Why am I still charged for outbound traffic in DDoS mitigation after I purchase an outbound data transfer plan?
Scrubbed traffic cannot be offset by DCDN resource plans. All outbound traffic that is generated on domain names for which DDoS mitigation is enabled is separately billed based on the unit price of scrubbed traffic.
Can I add a domain name for DDoS mitigation that is already protected by Anti-DDoS Proxy instances?
No. You can configure Anti-DDoS Proxy instances in the Anti-DDoS Proxy console or enable the DDoS mitigation feature in the DCDN console to protect a domain name from DDoS attacks.
When is traffic routed back to DCDN after it is forwarded to a scrubbing center of Alibaba Cloud Anti-DDoS Proxy if a DDoS attack occurs?
The system determines when to route traffic back to DCDN according to the attack type:
Route traffic back to DCDN 3 days after Layer 4 attacks stop.
Route traffic back to DCDN 1 day after Layer 7 attacks stop.
If you have special requirements, submit a ticket.
What do I do if the health check on the origin server does not work as expected?
The 47.97.249.17 and 47.244.34.181 IP addresses are used to probe your origin server. If an IP address whitelist is configured for your origin server, add the IP addresses to the whitelist to ensure that health checks can work as expected.
Check whether the file to which the configured health check URL points is accessible. If you specify only a single file in a health check, the system checks whether the file can be accessed over the secure route that is used in the case of a DDoS attack. If the access to the file is successful, the system considers the origin server as normal. Changing the file path or deleting the file will cause the system to regard the route as abnormal.

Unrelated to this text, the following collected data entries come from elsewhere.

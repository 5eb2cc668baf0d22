-- ===== src/StorageProvider/Pending.antt =====
-- storageProvider/pendingUpload.go: the uploads that are stored and not yet verified. What the block
-- chain answers at the time of a check is a parameter, as are the signature check of the account and
-- the announcement to the distributed hash table. Times are in nanoseconds.
pub mod Ticks
pub mod Outcomes
pub mod Announced
use archoncloud_go.Base.{
  ℕ, ◌+◌, ◌-◌, ◌*◌, ◌^◌, List, [], ◌∷◌, ◌++◌, length, ltb, bytes_eq, Bool, true, false,
  if◌then◌else◌, Option, none, some, Result, ok, err, panic,
}
use archoncloud_go.Common.Bytes.{Bytes}
use archoncloud_go.Common.ArchonUrl.{ArchonUrl, slash}
use archoncloud_go.Common.Profiles.{split}
use archoncloud_go.StorageProvider.Files.{File, read_file, remove_file}

-- `interfaces.UploadTxInfo`
pub record UploadTxInfo : Type 0 where
  pub tx_id : Bytes
  pub user_name : Bytes
  pub public_key : Bytes
  pub file_container_type : ℕ
  pub signature : Bytes
  pub access_control_level : ℕ
  pub sps : List Bytes

pub data AccountType : Type 0 where
  eth_account neo_account : AccountType

pub record PendingUpload : Type 0 where
  pub url : ArchonUrl
  pub account : AccountType
  pub transaction_hash : Bytes
  pub computed_file_hash : Bytes
  pub signature : Bytes
  pub file_path : Bytes
  pub dht_id : Bytes
  pub client : Bytes
  pub received : ℕ

-- The methods of `IAccount` that `Verify` calls. A failed `GetUploadTxInfo` has an error.
pub record Chain : Type 0 where
  pub is_tx_accepted : Bytes → Bool
  pub get_upload_tx_info : Bytes → Result UploadTxInfo
  pub address_bytes : Bytes
  pub verify : Bytes → Bytes → Bytes → Bool

pub data Status : Type 0 where
  verify_unknown verify_failed verify_ok : Status

pub record ActivityInfo : Type 0 where
  pub upload : Bool
  pub url : ArchonUrl
  pub client : Bytes
  pub num_bytes : ℕ

pub record Verifier : Type 0 where
  pub to_verify : List PendingUpload
  pub files : List File
  pub announced : List Bytes
  pub activities : List ActivityInfo

abbrev pub size_of : Option Bytes → ℕ
size_of none = 0
size_of (some content) = length content

abbrev pub file_size : Bytes → List File → ℕ
file_size p fs = size_of (read_file p fs)

abbrev pub contains_address : Bytes → List Bytes → Bool
contains_address a [] = false
contains_address a (x ∷ xs) =
    let rest = contains_address a xs in if bytes_eq a x then true else rest

abbrev pub verify_info : Chain → PendingUpload → Result UploadTxInfo → Status
verify_info chain pu (ok up_tx) =
    if contains_address chain.address_bytes up_tx.sps
    then if chain.verify pu.computed_file_hash pu.signature up_tx.public_key
      then verify_ok
      else verify_failed
    else verify_failed
verify_info chain pu _ = verify_failed

-- The status; the activity that goes with `verify_ok` is recorded by the caller below.
unfoldable pub verify : Chain → PendingUpload → Status
verify chain pu =
    if chain.is_tx_accepted pu.transaction_hash
    then verify_info chain pu (chain.get_upload_tx_info pu.transaction_hash)
    else verify_unknown

-- `10 * time.Minute`
abbrev pub ten_minutes : ℕ
ten_minutes = 600 * 1000 * 1000 * 1000

abbrev pub first_part : List Bytes → Bytes
first_part [] = []
first_part (p ∷ ps) = p

-- An upload of the file that is not yet verified gives way to the new one.
unfoldable pub drop_path : Bytes → List PendingUpload → List PendingUpload
drop_path p [] = []
drop_path p (pe ∷ pes) =
    let rest = drop_path p pes in if bytes_eq pe.file_path p then pes else pe ∷ rest

unfoldable pub receive_pending : PendingUpload → Verifier → Verifier
unfolding drop_path
receive_pending pu v = record v { to_verify = drop_path pu.file_path v.to_verify ++ pu ∷ [] }

module _ (chain : AccountType → Chain) (announce_to_dht : Bytes → Bytes → Bool) (now : ℕ) where
  abbrev pub is_announced : PendingUpload → Bool
  unfolding split
  is_announced pu = announce_to_dht pu.dht_id (first_part (split slash pu.dht_id))

  abbrev pub activity_of : PendingUpload → Verifier → ActivityInfo
  activity_of pu v = record {
    upload = true;
    url = pu.url;
    client = pu.client;
    num_bytes = file_size pu.file_path v.files;
  }

  -- The cases of the switch, after the activity that goes with `verify_ok`. Those uploads that remain
  -- are collected in the state's own list.
  unfoldable pub act_on : PendingUpload → Verifier → Status → Verifier
  act_on pu v verify_ok = record v {
    activities = v.activities ++ activity_of pu v ∷ [];
    announced = if is_announced pu then v.announced ++ pu.dht_id ∷ [] else v.announced;
  }
  act_on pu v verify_unknown =
      if ltb ten_minutes (now - pu.received)
      then record v { files = remove_file pu.file_path v.files }
      else record v { to_verify = v.to_verify ++ pu ∷ [] }
  act_on pu v verify_failed = record v { files = remove_file pu.file_path v.files }

  unfoldable pub check_upload : PendingUpload → Verifier → Verifier
  check_upload pu v = act_on pu v (verify (chain pu.account) pu)

  unfoldable pub check_uploads : List PendingUpload → Verifier → Verifier
  check_uploads [] v = v
  check_uploads (pu ∷ pus) v = check_uploads pus (check_upload pu v)

  -- The case of the timer. With an empty list nothing changes.
  unfoldable pub tick : Verifier → Verifier
  tick v = check_uploads v.to_verify (record v { to_verify = [] })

What happens if I disable DCDN DDoS mitigation?
If a domain name for which DDoS mitigation is disabled is attacked, the domain name may be added to a sandbox and no longer be accelerated. For more information, see Introduction to sandboxes.
When I enable DDoS mitigation for a domain name in the DCDN console, a message appears indicating that the domain name is already added to Alibaba Cloud Anti-DDoS Proxy. What do I do?
You can configure Anti-DDoS Proxy instances in the Anti-DDoS Proxy console or enable the DDoS mitigation feature in the DCDN console to protect a domain name from DDoS attacks.
If you want to add the domain name to DCDN for DDoS mitigation, delete the domain name in the Alibaba Cloud Anti-DDoS Proxy console. Wait about 5 minutes, and then add the domain name to DCDN and enable DDoS mitigation for the domain name.